Остаток дня мы провели в этом уединенном местечке на
морском берегу, вгрызаясь в бутерброды, заботливо
припасенные Мариной, и та рассказывала поразительную
историю этого затерянного среди сосен поместья, в котором мы
находились.
Оно принадлежало одной голландской поэтессе, которая день
ото дня слепла от какой-то неизлечимой болезни. Зная о своей
судьбе, поэтесса решила удалиться от мира и провести
последние дни жизни здесь, в самом красивом на свете убежище
из света, сосен и морского ветра. Она целыми днями сидела на
пляже, не отрывая глаз от моря и любуясь последним светом,
который ей оставался.
– Ее окружением были только любимые книги и некий Саша,
лютеранский пастор. Когда она поняла, что уже совсем не видит,
что больше никогда ей не увидеть рассвет – то попросила
знакомых рыбаков, обычно встававших на якорь в ее бухте,
позаботиться о немце после ее смерти. Те обещали.

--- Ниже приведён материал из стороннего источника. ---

-- ===== src/Projections/Strategies/Lives.antt =====
-- The rows of a strategy are its life (packages/db/src/materialization.ts, `strategyEvent`).
use mathlib.Core.Path.{subst}
use aqua_orbital.Prelude.{
  ℕ, ◌+◌, ◌^◌, ◌<◌, leb, ◌≡◌, refl, sym, ap, Bool, true, false, ◌||◌, not, List, [], ◌∷◌, Option,
  none, some, ◌==◌, ==_iff, All, arith, Bool-cases, inl, inr, ok, >>=-elim, ok-injective,
  fail_if->>-eq-ok, ||-eq-false,
}
use aqua_orbital.Chain.Table.{filter_by}
use aqua_orbital.Projections.{Error, invalid_swap_transition, Source, is_before, uint}
use aqua_orbital.Projections.Strategies.{
  Lifecycle, is_active, Snapshot, Event, later, prior_of, follows, next_of,
}

-- The rows of an order, the newest first.
abbrev pub rows_of : ℕ → List Snapshot → List Snapshot
rows_of order rs = filter_by (λ (r : Snapshot). r.order_hash == order) rs

-- The versions count from 1, the maker and the configuration stay, and only the last row is retired.
abbrev pub IsLife : List Snapshot → Type 0
IsLife [] = Unit
IsLife (r ∷ []) = (r.version ≡ 1) × (is_active r.lifecycle ≡ true)
IsLife (r ∷ q ∷ rs) =
    (r.version ≡ q.version + 1)
    × (is_active q.lifecycle ≡ true)
    × (r.maker ≡ q.maker)
    × (r.config_hash ≡ q.config_hash)
    × IsLife (q ∷ rs)

abbrev pub AreBefore : Source → List Snapshot → Type 0
AreBefore at rs = All (λ (q : Snapshot). is_before q.source at ≡ true) rs

-- The newest row is first.
abbrev pub IsOrdered : List Snapshot → Type 0
IsOrdered [] = Unit
IsOrdered (r ∷ rs) = AreBefore r.source rs × IsOrdered rs

abbrev pub first_of : List Snapshot → Option Snapshot
first_of [] = none
first_of (r ∷ rs) = some r

pub is_before-asym : (a b : Source) → is_before a b ≡ true → is_before b a ≡ false
is_before-asym a b h = ground arith

later-first_of :
    (order : ℕ) (r : Snapshot) (rs : List Snapshot)
    → AreBefore r.source rs
    → later r (first_of (rows_of order rs)) ≡ r
later-first_of order r [] h = refl
later-first_of order r (q ∷ rs) h = elim (Bool-cases (q.order_hash == order)) [
  | inl e ↦ rw e (rw (is_before-asym q.source r.source h.0) refl)
  | inr e ↦ rw e (later-first_of order r rs h.1)
]

-- Below an event that is newer than all rows, the prior row is the newest one of its order.
pub prior_of-first_of :
    (order : ℕ) (at : Source) (rs : List Snapshot)
    → IsOrdered rs
    → AreBefore at rs
    → prior_of order at rs ≡ first_of (rows_of order rs)
unfolding prior_of
prior_of-first_of order at [] ordered before = refl
prior_of-first_of order at (r ∷ rs) ordered before =
    let rest = prior_of-first_of order at rs ordered.1 before.1 in
    elim (Bool-cases (r.order_hash == order)) [
      | inl e ↦ rw e (rw before.0 (rw rest (ap some (later-first_of order r rs ordered.0))))
      | inr e ↦ rw e rest
    ]

pub not-eq-false : (b : Bool) → not b ≡ false → b ≡ true
not-eq-false true e = refl
not-eq-false false e = cc

some-injective : {a b : Snapshot} → ◌≡◌ {A = Option Snapshot} (some a) (some b) → a ≡ b
some-injective h = cc

-- What a row that follows has seen.
pub record Followed (event : Event) (given : Option ℕ) (found : Option Snapshot) (version : ℕ)
    (prior : Snapshot) : Type 0 where
  pub known : found ≡ some prior
  pub stated : given ≡ some version
  pub next : version ≡ prior.version + 1
  pub alive : is_active prior.lifecycle ≡ true
  pub maker : event.maker ≡ prior.maker

pub uint-some :
    (v : Option ℕ) (bits : ℕ) {n : ℕ} → uint v bits ≡ ok n → (v ≡ some n) × (n < 2 ^ bits)
uint-some none bits e = cc
uint-some (some v) bits {n} e =
    let (small, done) = fail_if->>-eq-ok (leb (2 ^ bits) v) invalid_swap_transition _ e in
    let same_value = ok-injective done in
    (ap some same_value, subst (λ m. m < 2 ^ bits) same_value (ground arith))

pub follows-Followed :
    (e : Error) (event : Event) (given : Option ℕ) (found : Option Snapshot)
    (followed : ℕ × Snapshot)
    → follows e event given found ≡ ok followed
    → Followed event given found followed.0 followed.1
unfolding follows
follows-Followed e event given none followed h = cc
follows-Followed e event given (some p) followed h =
    let (bad, rest) =
      fail_if->>-eq-ok (not (is_active p.lifecycle) || not (p.maker == event.maker)) e _ h in
    let (alive, maker) = ||-eq-false (not (is_active p.lifecycle)) _ bad in
    >>=-elim (uint given 64) _ rest (λ v read rest2.
      let (versioned, done) = fail_if->>-eq-ok (not (v == p.version + 1)) e _ rest2 in
      subst (λ (x : ℕ × Snapshot). Followed event given (some p) x.0 x.1) (ok-injective done)
        (record {
          known = refl;
          stated = (uint-some given 64 read).0;
          next = (==_iff v (p.version + 1)).0 (not-eq-false _ versioned);
          alive = not-eq-false _ alive;
          maker = sym ((==_iff p.maker event.maker).0 (not-eq-false _ maker));
        }))

-- A row that is put before the rows of its order.
pub record Continues (event : Event) (row : Snapshot) (rows : List Snapshot) : Type 0 where
  pub order : row.order_hash ≡ event.entity
  pub source : row.source ≡ event.source
  pub life : IsLife (row ∷ rows)

pub first_of-none : (rs : List Snapshot) → first_of rs ≡ none → rs ≡ []
first_of-none [] h = refl
first_of-none (r ∷ rs) h = cc

pub next_of-Continues :
    (event : Event) (l : Lifecycle) (given : Option ℕ) (followed : ℕ × Snapshot)
    (rows : List Snapshot)
    → Followed event given (first_of rows) followed.0 followed.1
    → IsLife rows
    → Continues event (next_of event l followed) rows
next_of-Continues event l given (version, prior) [] f h = let e = f.known in cc
next_of-Continues event l given (version, prior) (q ∷ rows) f h =
    let same_row : q ≡ prior = some-injective f.known in
    record {
      order = refl;
      source = refl;
      life = (
        subst (λ (x : Snapshot). version ≡ x.version + 1) (sym same_row) f.next,
        subst (λ (x : Snapshot). is_active x.lifecycle ≡ true) (sym same_row) f.alive,
        subst (λ (x : Snapshot). event.maker ≡ x.maker) (sym same_row) f.maker,
        ap (λ (x : Snapshot). x.config_hash) (sym same_row),
        h,
      );
    }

Через пару
дней рано утром они видели, как она села в лодку, взялась за
весла и быстро исчезла в сиянии моря. Больше ее никто не
видел.
Мне показалась, что трогательную историю о голландской
писательнице Марина выдумала сама, и я дал ей это понять.
– Порой воображение имеет большее отношение к так
называемой реальности, чем факты, Оскар, – ответила мне она.
– Мы можем вспомнить только то, чего никогда не бывало.
Герман заснул, прикрыв лицо шляпой. Кафка тут же растянулся
у его ног. Марина смотрела на отца, откровенно дав волю
печали. Пока он спал, мы взялись за руки и ушли на другой
конец пляжа. Здесь, сидя на гладком камне, под шум волн я
рассказал ей все, что случилось со мной, пока они были в
Мадриде. И про даму в черном на вокзале, и про открытку, и про
историю Михаила Колвеника, рассказанную Бенджамином
- 63 -
Сентисом, и даже про свое жуткое видение той грозовой ночью у
фонтана их дома в Сарья. Она слушала молча, погруженная в
себя. Волны плескались у ее ног. Замолк и я. Мы долго глядели
на часовню Святого Эльма, на ее четкий силуэт вдалеке.
– Что же сказал доктор из Ла-Паса? – спросил я наконец.
Она подняла голову. Заходящее солнце вспыхнуло в янтарных
прядях ее волос и в слезах, брызнувших из глаз.
– Что времени совсем не осталось.
Я оглянулся. Герман, заметив это, помахал мне рукой. Горло у
меня свело судорогой, сердце отчаянно забилось.
– Он не верит, – тихо сказала Марина. – И хорошо.
Я взглянул на нее снова и застал быстрый жест, которым она
смахивала слезы с глаз, возвращаясь к бодрому, веселому
внешнему виду. Не знаю, откуда у меня взялась на это смелость:
я все смотрел и смотрел ей в глаза и, сам не понимая как,
коснулся губами ее рта. Она положила мне пальцы на губы и
ласково погладила лицо – затем тихо отстранила. Пока я
приходил в себя, она уже быстро удалялась по пляжу. Я
вздохнул.
Приближаясь к Герману, я заметил, что тот рисует в маленьком
блокноте. А ведь, по словам Марины, он годы и годы не брал в
руки карандаша. Герман поднял взгляд и бегло мне улыбнулся.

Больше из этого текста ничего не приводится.